Brief summary of arguments:
URL
This interface does not specify what happens when biofetch is called
in interactive context. The implementations can return the entries
decorated with HTML tags and hypertext links.
A URL for biofetch consists of four sections:
e.g.
1. protocol http://
2. host www.ebi.ac.uk
3. path to program /Tools/dbfetch/dbfetch
4. query string ?style=raw;format=embl;db=embl;id=J00231
QUERY STRING
The query string options are separated from the base URL (protocol +
host + path) by a question mark (?) and from each other by a semicolon
';' (or by ampersand '&'). See CGI GET documents at
http://www.w3.org/CGI/). The order of options is not critical. It is
recommended to leave the ID to be the last item.

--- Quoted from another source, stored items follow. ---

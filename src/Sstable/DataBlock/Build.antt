-- ===== src/Sstable/DataBlock/Build.antt =====
-- The runs of `restart_interval` entries that the builder holds, as it stands in the middle of a block.
use vroot_kv.Base.{
  ℕ, zero, suc, ◌+◌, ◌-◌, ◌*◌, ◌/◌, ◌^◌, ◌≤◌, ◌<◌, ◌≡◌, ◌≢◌, ◌⊎◌, inl, inr, refl, sym, ap, ◌∙◌,
  arith,
}
use vroot_kv.Base.{
  List, [], ◌∷◌, ◌++◌, append_assoc, append-nil, length, length-append, take, drop, All, All-append,
  get_or, take_all,
}
use vroot_kv.Base.{
  Bool, true, false, not, ◌&&◌, ltb, le→ltb, lt→ltb, Bool-cases, if◌then◌else◌, Result, ok, err,
  ◌>>=◌, length-drop,
}
use mathlib.Core.Path.{ap₂, subst}
use vroot_kv.Codec.Bytes.{u32}
use vroot_kv.Codec.Fixed.{to_le, put_fixed32}
use vroot_kv.Key.{Key, key_lt}
use vroot_kv.Sstable.DataBlock.Builder.{
  DataBlockBuilder, BuilderError, already_finished, not_increasing,
}
use vroot_kv.Sstable.DataBlock.Builder.{
  new_builder, shared_prefix, is_empty, append_entry, add, put_all, finish,
}
use vroot_kv.Sstable.DataBlock.Layout.{
  Entry, Run, entry_bytes, encode_run, encode_runs, run_offsets, flatten, IsEntry, Ascending,
  IsSorted,
}
use vroot_kv.Sstable.DataBlock.Layout.Parts.{
  length-entry_bytes, shared_prefix-le, shared_prefix-empty,
}
use vroot_kv.Sstable.DataBlock.Layout.Runs.{encode_runs-append, length-run_offsets}
use vroot_kv.Sstable.DataBlock.Search.{IsLayout}
use vroot_kv.Sstable.DataBlock.Open.{offset_bytes, block_bytes}
pub mod Add
pub mod Finish

-- A builder given all entries, then finished.
unfoldable pub add_all : DataBlockBuilder → Run → Result BuilderError DataBlockBuilder
add_all b [] = ok b
add_all b ((k, v) ∷ es) = add b k v >>= λ b'. add_all b' es

unfoldable pub build : ℕ → Run → Result BuilderError (List ℕ)
unfolding add_all
build restart_interval es = add_all (new_builder restart_interval) es >>= λ b. ok (finish b).1

-- The runs that are complete, and the one that grows.
pub record Runs : Type 0 where
  pub done : List Run
  pub cur : Run

abbrev pub runs : Runs → List Run
runs l = l.done ++ (l.cur ∷ [])

-- Where the next entry goes: a run takes `restart_interval` entries, and one at least.
abbrev pub place : ℕ → Runs → Entry → Runs
place interval l e =
    if ltb (length l.cur) interval
    then record { done = l.done; cur = l.cur ++ (e ∷ []) }
    else record { done = l.done ++ (l.cur ∷ []); cur = e ∷ [] }

abbrev pub place_all : ℕ → Runs → Run → Runs
place_all interval l [] = l
place_all interval l (e ∷ es) = place_all interval (place interval l e) es

abbrev pub no_runs : Runs
no_runs = record { done = []; cur = [] }

abbrev pub last_key : Key → Run → Key
last_key prev [] = prev
last_key prev ((k, v) ∷ es) = last_key k es

pub encode_run-append :
    (prev : Key) (es : Run) (k : Key) (v : List ℕ)
    → encode_run prev (es ++ ((k, v) ∷ []))
      ≡ encode_run prev es ++ entry_bytes (shared_prefix (last_key prev es) k) k v
unfolding encode_run
encode_run-append prev [] k v = append-nil _
encode_run-append prev ((k', v') ∷ es) k v =
    ap (λ bs. entry_bytes (shared_prefix prev k') k' v' ++ bs) (encode_run-append k' es k v)
    ∙ sym (append_assoc _ (encode_run k' es) _)

pub last_key-append :
    (prev : Key) (es : Run) (k : Key) (v : List ℕ) → last_key prev (es ++ ((k, v) ∷ [])) ≡ k
last_key-append prev [] k v = refl
last_key-append prev ((k', v') ∷ es) k v = last_key-append k' es k v

pub run_offsets-append :
    (base : ℕ) (rs : List Run) (r : Run)
    → run_offsets base (rs ++ (r ∷ []))
      ≡ run_offsets base rs ++ ((base + length (encode_runs rs)) ∷ [])
unfolding run_offsets encode_runs
run_offsets-append base [] r = ap (λ n. n ∷ []) (omega arith)
run_offsets-append base (q ∷ rs) r =
    ap (λ offs. base ∷ offs)
      (run_offsets-append (base + length (encode_run [] q)) rs r
        ∙ ap (λ n. run_offsets (base + length (encode_run [] q)) rs ++ (n ∷ []))
            (omega (arith, length-append (encode_run [] q) (encode_runs rs))))

-- The entry that `Add` appends, for lengths that fit.
pub append_entry_lem :
    (b : DataBlockBuilder) (s : ℕ) (k : Key) (v : List ℕ)
    → IsEntry (k, v)
    → append_entry b s k v
      ≡ record b { buffer = b.buffer ++ entry_bytes s k v; last_key = k; counter = b.counter + 1 }
unfolding append_entry put_fixed32 entry_bytes
append_entry_lem b s k v e =
    ap (λ bs. record b { buffer = bs; last_key = k; counter = b.counter + 1 })
      (rw
        (
          key_len,
          value_len,
          take_all (length k - s) (drop s k) (omega (arith, length-drop s k)),
          take_all (length v) v (omega arith),
        )
        (simp append_assoc))
  where
    key_len : u32 (length k - s) ≡ length k - s
    key_len = omega (arith, e)

    value_len : u32 (length v) ≡ length v
    value_len = omega (arith, e)

-- The builder holds the runs `l`.
pub record Holds (interval : ℕ) (b : DataBlockBuilder) (l : Runs) : Type 0 where
  pub buffer_eq : b.buffer ≡ encode_runs (runs l)
  pub restarts_eq : b.restarts ≡ run_offsets 0 (runs l)
  pub last_eq : b.last_key ≡ last_key [] l.cur
  pub interval_eq : b.restart_interval ≡ interval
  pub counter_eq : b.counter ≡ length l.cur
  pub open_eq : b.finished ≡ false

pub new_builder-Holds : (interval : ℕ) → Holds interval (new_builder interval) no_runs
unfolding new_builder encode_runs encode_run run_offsets
new_builder-Holds interval = record {
  buffer_eq = refl;
  restarts_eq = refl;
  last_eq = refl;
  interval_eq = refl;
  counter_eq = refl;
  open_eq = refl;
}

Input for options should be case insensitive.
option: db
Option : db
Descr : database name
Type : required
Usage : db=genpep | db=genbank
Arg : string
Currently this server accepts "genbank" and "genpep"
option: style
Option : style
Descr : +/- HTML tags
Type : required
Usage : style=raw | db=html
Arg : enum (raw|html)
In non-interactive context, always give "style=raw". This uses
"Content-Type: text/plain". If other content types are needed (XML),
this part of the spesifications can be extended to accommodate them.

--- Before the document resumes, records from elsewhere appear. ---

-- ===== src/Sstable/IndexBlock.antt =====
-- Index blocks, which lead from divider keys to block handles: `IndexBlockBuilder` of
-- src/io/sstable_builder.cpp and `IndexBlockReader` of src/io/sstable_reader.cpp. Blocks are below 2 ^ 32
-- bytes in the theorems, so that `i * 4` of an index of 32 bits is a plain number here.
pub mod Layout
pub mod Search
pub mod Correct
pub mod Safety
use vroot_kv.Base.{
  ℕ, zero, suc, ◌+◌, ◌-◌, ◌*◌, ◌/◌, ◌^◌, List, [], ◌∷◌, ◌++◌, length, take, drop, get_elem?,
}
use vroot_kv.Base.{Bool, not, ◌&&◌, ltb, ◌==◌, if◌then◌else◌, Option, none, some}
use vroot_kv.Base.{Result, ok, err, fault, ◌>>=◌, ◌>>◌, throw_if}
use vroot_kv.Codec.Bytes.{u32}
use vroot_kv.Codec.Fixed.{put_fixed32, decode_fixed32}
use vroot_kv.Codec.Varint.{put_varint32, get_varint32}
use vroot_kv.Key.{Key, key_lt, key_le}
use vroot_kv.Sstable.Format.{BlockHandle, FormatError, encode_handle, decode_handle}
use vroot_kv.Sstable.DataBlock.Builder.{is_empty, put_all}

-- What the builder, the constructor of the reader, `substr`, and `BlockHandle::DecodeFrom` throw.
pub data IndexError : Type 0 where
  keys_not_increasing index_too_small index_corrupt corrupt_offsets out_of_range : IndexError
  bad_handle : FormatError → IndexError

pub record IndexBlockBuilder : Type 0 where
  pub buffer : List ℕ
  pub offsets : List ℕ
  pub last_key : Key

abbrev pub new_index : IndexBlockBuilder
new_index = record { buffer = []; offsets = []; last_key = [] }

unfoldable pub add_divider :
    IndexBlockBuilder → Key → BlockHandle → Result IndexError IndexBlockBuilder
add_divider b divider_key handle =
    if not (is_empty b.last_key) && not (key_lt b.last_key divider_key)
    then err keys_not_increasing
    else (let with_length = put_varint32 b.buffer (u32 (length divider_key)) in
        ok (record {
          buffer = encode_handle handle (with_length ++ divider_key);
          offsets = b.offsets ++ (u32 (length b.buffer) ∷ []);
          last_key = divider_key;
        }))

-- The builder afterwards, and the block. There is no mark that the builder is finished.
unfoldable pub finish_index : IndexBlockBuilder → IndexBlockBuilder × List ℕ
finish_index b =
    let block = put_fixed32 (put_all b.buffer b.offsets) (u32 (length b.offsets)) in
    (record b { buffer = block }, block)

-- `full_` is read by the constructor only, and `num_` is the length of `offsets_`.
pub record IndexBlockReader : Type 0 where
  pub entries : List ℕ
  pub offsets : List ℕ

-- The loop over `num` offsets from `p` on. `previous` is 0 in the first round, of which no offset is below.
unfoldable pub read_checked : ℕ → ℕ → ℕ → List ℕ → Result IndexError (List ℕ)
read_checked zero limit previous p = ok []
read_checked (suc num) limit previous p = do
  off ← decode_fixed32 p
  throw_if (ltb off previous) corrupt_offsets
  throw_if (ltb limit off) corrupt_offsets
  offs ← read_checked num limit off (drop 4 p)
  ok (off ∷ offs)

unfoldable pub new_index_reader : List ℕ → Result IndexError IndexBlockReader
new_index_reader block = do
  throw_if (ltb (length block) 4) index_too_small
  num ← decode_fixed32 (drop (length block - 4) block)
  throw_if (ltb (length block / 4) num) index_corrupt
  let off_bytes = num * 4
  throw_if (ltb (length block) (4 + off_bytes)) index_corrupt
  offsets ←
      read_checked num (length block - 4 - off_bytes) 0 (drop (length block - 4 - off_bytes) block)
  ok (record { entries = take (length block - 4 - off_bytes) block; offsets = offsets })

-- `klen` and the length of a handle are added as `size_t`s.
unfoldable pub split_key : List ℕ → Result IndexError (Option (Key × List ℕ))
split_key sv = elim (get_varint32 sv) [
  | none ↦ ok none
  | some (klen, rest) ↦
      if ltb (length rest) (klen + 16) then ok none else ok (some (take klen rest, drop klen rest))
]

-- `BlockHandle::DecodeFrom`
unfoldable pub handle_of : List ℕ → Result IndexError BlockHandle
handle_of sv = elim (decode_handle sv) [
  | ok h ↦ ok h.0
  | err e ↦ err (bad_handle e)
  | fault ↦ fault
]

module _ (r : IndexBlockReader) where
  -- `key_at` without its last part: the key of an entry, and the bytes behind it. `none` is the answer
  -- `false`.
  unfoldable pub key_at : ℕ → Result IndexError (Option (Key × List ℕ))
  key_at idx = elim (get_elem? r.offsets idx) [
    | none ↦ fault
    | some off ↦
        if ltb (length r.entries) off then err out_of_range else split_key (drop off r.entries)
  ]

  -- The binary search. `none`: the search gave up. To run out of rounds is a fault, and so is an `int` sum that
  -- overflows.
  unfoldable pub search_divider : Key → ℕ → ℕ → ℕ → Result IndexError (Option ℕ)
  search_divider key zero lo hi = if ltb lo hi then fault else ok (some lo)
  search_divider key (suc rounds) lo hi =
      let mid = (lo + hi + 1) / 2 in
      let upper = search_divider key rounds mid hi in
      let lower = search_divider key rounds lo (mid - 1) in
      if ltb lo hi
      then (if not (ltb (lo + hi + 1) (2 ^ 31))
          then fault
          else key_at mid >>= λ found. elim found [
            | none ↦ ok none
            | some k ↦ if key_le k.0 key then upper else lower
          ])
      else ok (some lo)

  -- `some h` is the answer `true` with `h` for `handle_out`.
  unfoldable pub find : Key → Result IndexError (Option BlockHandle)
  unfolding key_at search_divider
  find key =
      if length r.offsets == 0
      then ok none
      else search_divider key (length r.offsets) 0 (length r.offsets - 1) >>= λ found. elim found [
        | none ↦ ok none
        | some lo ↦ key_at lo >>= λ e. elim e [
          | none ↦ ok none
          | some (k, sv) ↦ handle_of sv >>= λ h. ok (if key_lt key k then none else some h)
        ]
      ]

This server only accepts "raw".
option: format
Option : format
Descr : format of the database entries returned
Type : optional
Usage : format=genbank
Arg : enum
Format defaults to the distribution format of the database (embl for
EMBL database). If some other supported format is needed this option
is needed (E.g. formats for EMBL: fasta, bsml, agave).
This server only accepts "genbank" format.
option: id
Option : id
Descr : unique database identifier(s)
Type : required
Usage : db=J00231 | id=J00231+HSFOS
Arg : string
The ID option should be able to process all UIDS in a database. It
should not be necessary to know if the UID is an ID, accession number
or accession.version.
The number of entry UIDs allowed is implementation specific. If the
limit is exceeded, the the program reports an error. The UIDs should
be separated by spaces (use '+' in a GET method string).
ERROR MESSAGES
The following standardized one line messages should be printed out in
case of an error.
ERROR 1 Unknown database [$db].
ERROR 2 Unknown style [$style].
ERROR 3 Format [$format] not known for database [$db].
ERROR 4 ID [$id] not found in database [$db].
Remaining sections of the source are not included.